Quelques commentaires =>
"le mouvement se bat contre l’usage abusif de l’offshore dans le secteur"
Le terme "abusif" doit être compris ici plus d’un point de vue "qualitatif" que quantitatif (en tout cas pour le moment).
La lutte contre l’offshore est décidément l’image qui colle le plus souvent au MUNCI…ce n’est pas forcément ce que nous souhaitons mais nous assumons parfaitement ce devoir de resistance pour l’emploi dans le secteur car :
1) c’est principalement de cette manière-là que le MUNCI s’est fait connaître à l’origine.

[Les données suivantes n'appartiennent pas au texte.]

-- ===== src/Storage/ConversationRepo/Kept.antt =====
-- server/storage/repo/conversation_repo.py: what the changes of a member's row keep, the operations keep.
use mini_im.Prelude.{
  ℕ, String, Bool, true, false, not, Option, none, some, List, [], ◌∷◌, if◌then◌else◌, ◌=?◌, filter,
}
use mini_im.Storage.Db.{Db, Env}
use mini_im.Storage.SyncEvent.{contains}
use mini_im.Storage.ConversationRepo.{
  ConversationRecord, get_conversation, unique_user_ids, user_exists, all_users_exist,
  build_conversation_updated_events,
}
use mini_im.Storage.ConversationRepo.Members.{
  Update, get_group, unchanged, publish, leave_transaction, insert_member, insert_members,
  add_members, join_conversation, remove_member, remove_each, removable, remove_members, set_owner,
  leave_conversation,
}
use mini_im.Storage.ConversationRepo.Positions.{About, set_owner-About, build-About}

module _ (c u : String) where
  -- A property of both that the members' rows keep is kept by the operations.
  module _ (Q : Option ℕ → ℕ → Type 0) where
    on_test :
        (b : Bool) (x y : Update × Db)
        → About c u Q x.1
        → About c u Q y.1
        → About c u Q (if b then x else y).1
    on_test true x y h k = h
    on_test false x y h k = k

    abbrev After : Update × Db → Type 0
    After out = About c u Q out.1

    on_group :
        (db : Db) (f : ConversationRecord → Update × Db)
        → About c u Q db
        → ((r : ConversationRecord) → About c u Q (f r).1)
        → After (elim (get_group db c) [ none ↦ (Update.rejected, db) | some r ↦ f r ])
    on_group db f h k = go (get_group db c)
      where
        go :
            (found : Option ConversationRecord)
            → After (elim found [ none ↦ (Update.rejected, db) | some r ↦ f r ])
        go none = h
        go (some r) = k r

    on_list :
        (users : List String) (x : Update × Db) (f : String → List String → Update × Db)
        → About c u Q x.1
        → ((w : String) (ws : List String) → About c u Q (f w ws).1)
        → After (elim users [ [] ↦ x | w ∷ ws ↦ f w ws ])
    on_list [] x f h k = h
    on_list (w ∷ ws) x f h k = k w ws

    left :
        (env : Env) (targets : Option (List String)) (now_ms : ℕ) (before db : Db)
        → About c u Q before
        → About c u Q db
        → About c u Q (leave_transaction before (publish env c targets now_ms db)).1
    unfolding publish
    left env targets now_ms before db h k =
        elim (get_conversation db c)
          as (λ found.
            About c u Q
              (leave_transaction before (elim found [
                | none ↦ (Update.must_exist, db)
                | some r ↦
                    let ((conversation, events), db') =
                      build_conversation_updated_events env r
                        (elim targets [ none ↦ r.member_ids | some users ↦ users ]) now_ms db in
                    (
                      Update.updated (record {
                        conversation = conversation;
                        sync_events = events;
                        changed = true;
                      }),
                      db',
                    )
              ])).1) [
                | none ↦ h
                | some r ↦
                    build-About c u Q env r
                      (elim targets [ none ↦ r.member_ids | some users ↦ users ]) now_ms db k
              ]

    unchanged-About :
        (env : Env) (r : ConversationRecord) (now_ms : ℕ) (db : Db)
        → About c u Q db
        → About c u Q (unchanged env r now_ms db).1
    unfolding unchanged
    unchanged-About env r now_ms db h = build-About c u Q env r [] now_ms db h

    handed :
        (b : Bool) (w : String) (db : Db)
        → About c u Q db
        → About c u Q (if b then set_owner c w db else db)
    handed true w db h = set_owner-About c u Q w db h
    handed false w db h = h

    remove_each-About :
        (now_ms : ℕ)
        → ((w : String) (d : Db) → About c u Q d → About c u Q (remove_member c now_ms w d))
        → (ws : List String) (db : Db) → About c u Q db
        → About c u Q (remove_each c now_ms ws db)
    unfolding remove_each
    remove_each-About now_ms step [] db h = h
    remove_each-About now_ms step (w ∷ ws) db h =
        remove_each-About now_ms step ws (remove_member c now_ms w db) (step w db h)

    insert_members-About :
        (now_ms : ℕ)
        → ((w : String) (d : Db) → About c u Q d → About c u Q (insert_member c now_ms w d))
        → (ws : List String) (db : Db) → About c u Q db
        → About c u Q (insert_members c now_ms ws db)
    unfolding insert_members
    insert_members-About now_ms step [] db h = h
    insert_members-About now_ms step (w ∷ ws) db h =
        insert_members-About now_ms step ws (insert_member c now_ms w db) (step w db h)

    module _ (env : Env) (now_ms : ℕ) (db : Db) (h : About c u Q db) where
      pub removing :
          ((w : String) (d : Db) → About c u Q d → About c u Q (remove_member c now_ms w d))
          → (operator : String) (member_ids : List String)
          → About c u Q (remove_members env now_ms operator c member_ids db).1
      unfolding remove_members
      removing step operator member_ids = on_group db _ h (λ r.
          on_test (not (r.owner_id =? operator)) _ _ h (
            on_list (removable r member_ids) _ _ (unchanged-About env r now_ms db h) (λ w ws.
              left env (some r.member_ids) now_ms db (remove_each c now_ms (w ∷ ws) db) h
                (remove_each-About now_ms step (w ∷ ws) db h))))

      pub leaving :
          ((w : String) (d : Db) → About c u Q d → About c u Q (remove_member c now_ms w d))
          → About c u Q (leave_conversation env now_ms u c db).1
      unfolding leave_conversation
      leaving step = on_group db _ h (λ r. on_test (not (contains u r.member_ids)) _ _ h (
          on_list (filter (λ item. not (item =? u)) r.member_ids) _ _ h (λ w ws.
            left env (some r.member_ids) now_ms db
              (if r.owner_id =? u
                then set_owner c w (remove_member c now_ms u db)
                else remove_member c now_ms u db)
              h (handed (r.owner_id =? u) w (remove_member c now_ms u db) (step u db h)))))

      pub adding :
          ((w : String) (d : Db) → About c u Q d → About c u Q (insert_member c now_ms w d))
          → (operator : String) (member_ids : List String)
          → About c u Q (add_members env now_ms operator c member_ids db).1
      unfolding add_members
      adding step operator member_ids = on_group db _ h (λ r.
          on_test (not (r.owner_id =? operator)) _ _ h (
            on_list (filter (λ item. not (contains item r.member_ids)) (unique_user_ids member_ids))
              _ _ (unchanged-About env r now_ms db h)
              (λ w ws.
                on_test (all_users_exist db (w ∷ ws)) _ _
                  (left env none now_ms db (insert_members c now_ms (w ∷ ws) db) h
                    (insert_members-About now_ms step (w ∷ ws) db h))
                  h)))

      pub joining :
          ((w : String) (d : Db) → About c u Q d → About c u Q (insert_member c now_ms w d))
          → About c u Q (join_conversation env now_ms u c db).1
      unfolding join_conversation
      joining step = on_group db _ h (λ r. on_test (not (user_exists db u)) _ _ h (
          on_test (contains u r.member_ids) _ _ (unchanged-About env r now_ms db h)
            (left env none now_ms db (insert_member c now_ms u db) h (step u db h))))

2) nous sommes probablement les seuls à être, il est vrai, volontairement alarmistes sur le possible essor de l’offshore en France et ce malgré la situation que l’on connait actuellement sur le front de l’emploi.
3) pour toutes les raisons expliquées dans nos pages d’analyses, nous pensons que l’offshore n’est pas nécessaire et surtout qu’il ne se justifie pas.
Plus grave, nous pensons que ces délocalisations marquent une nouvelle rupture du "pacte social" dans notre secteur et portent surtout préjudice aux jeunes diplômés.
Enfin, nous voulons encore croire aux moyens du plein-emploi dans le secteur (et pour toute notre économie en général) ! Cela serait pour le plus grand bénéfice de toute la société, mais ce n’est pas l’offshore qui va nous aider dans ce sens…
« Si le mouvement reste au niveau d’une association professionnelle, je crains qu’il ne pèse de peu de poids »
Nous sommes sensibles aux remarques intéressantes formulées par les syndicats représentatifs du secteur à notre sujet. Nous ne cherchons pas à créer une "concurrence" particulière avec les syndicats mais à leur être complémentaires avec une vision beaucoup plus globale des problèmes de notre secteur. Néanmoins, ceci n’empêchera pas les adhérents et sympathisants du MUNCI d’investir les structures de représentants du personnel (C.E, DP, CHSCT…) de nos sociétés.
Le statut d’association professionnelle est suffisant pour nos moyens, nos objectifs et surtout pour le PARI que nous voulons lancer au secteur en vue d’un rassemblement de ses forces vives…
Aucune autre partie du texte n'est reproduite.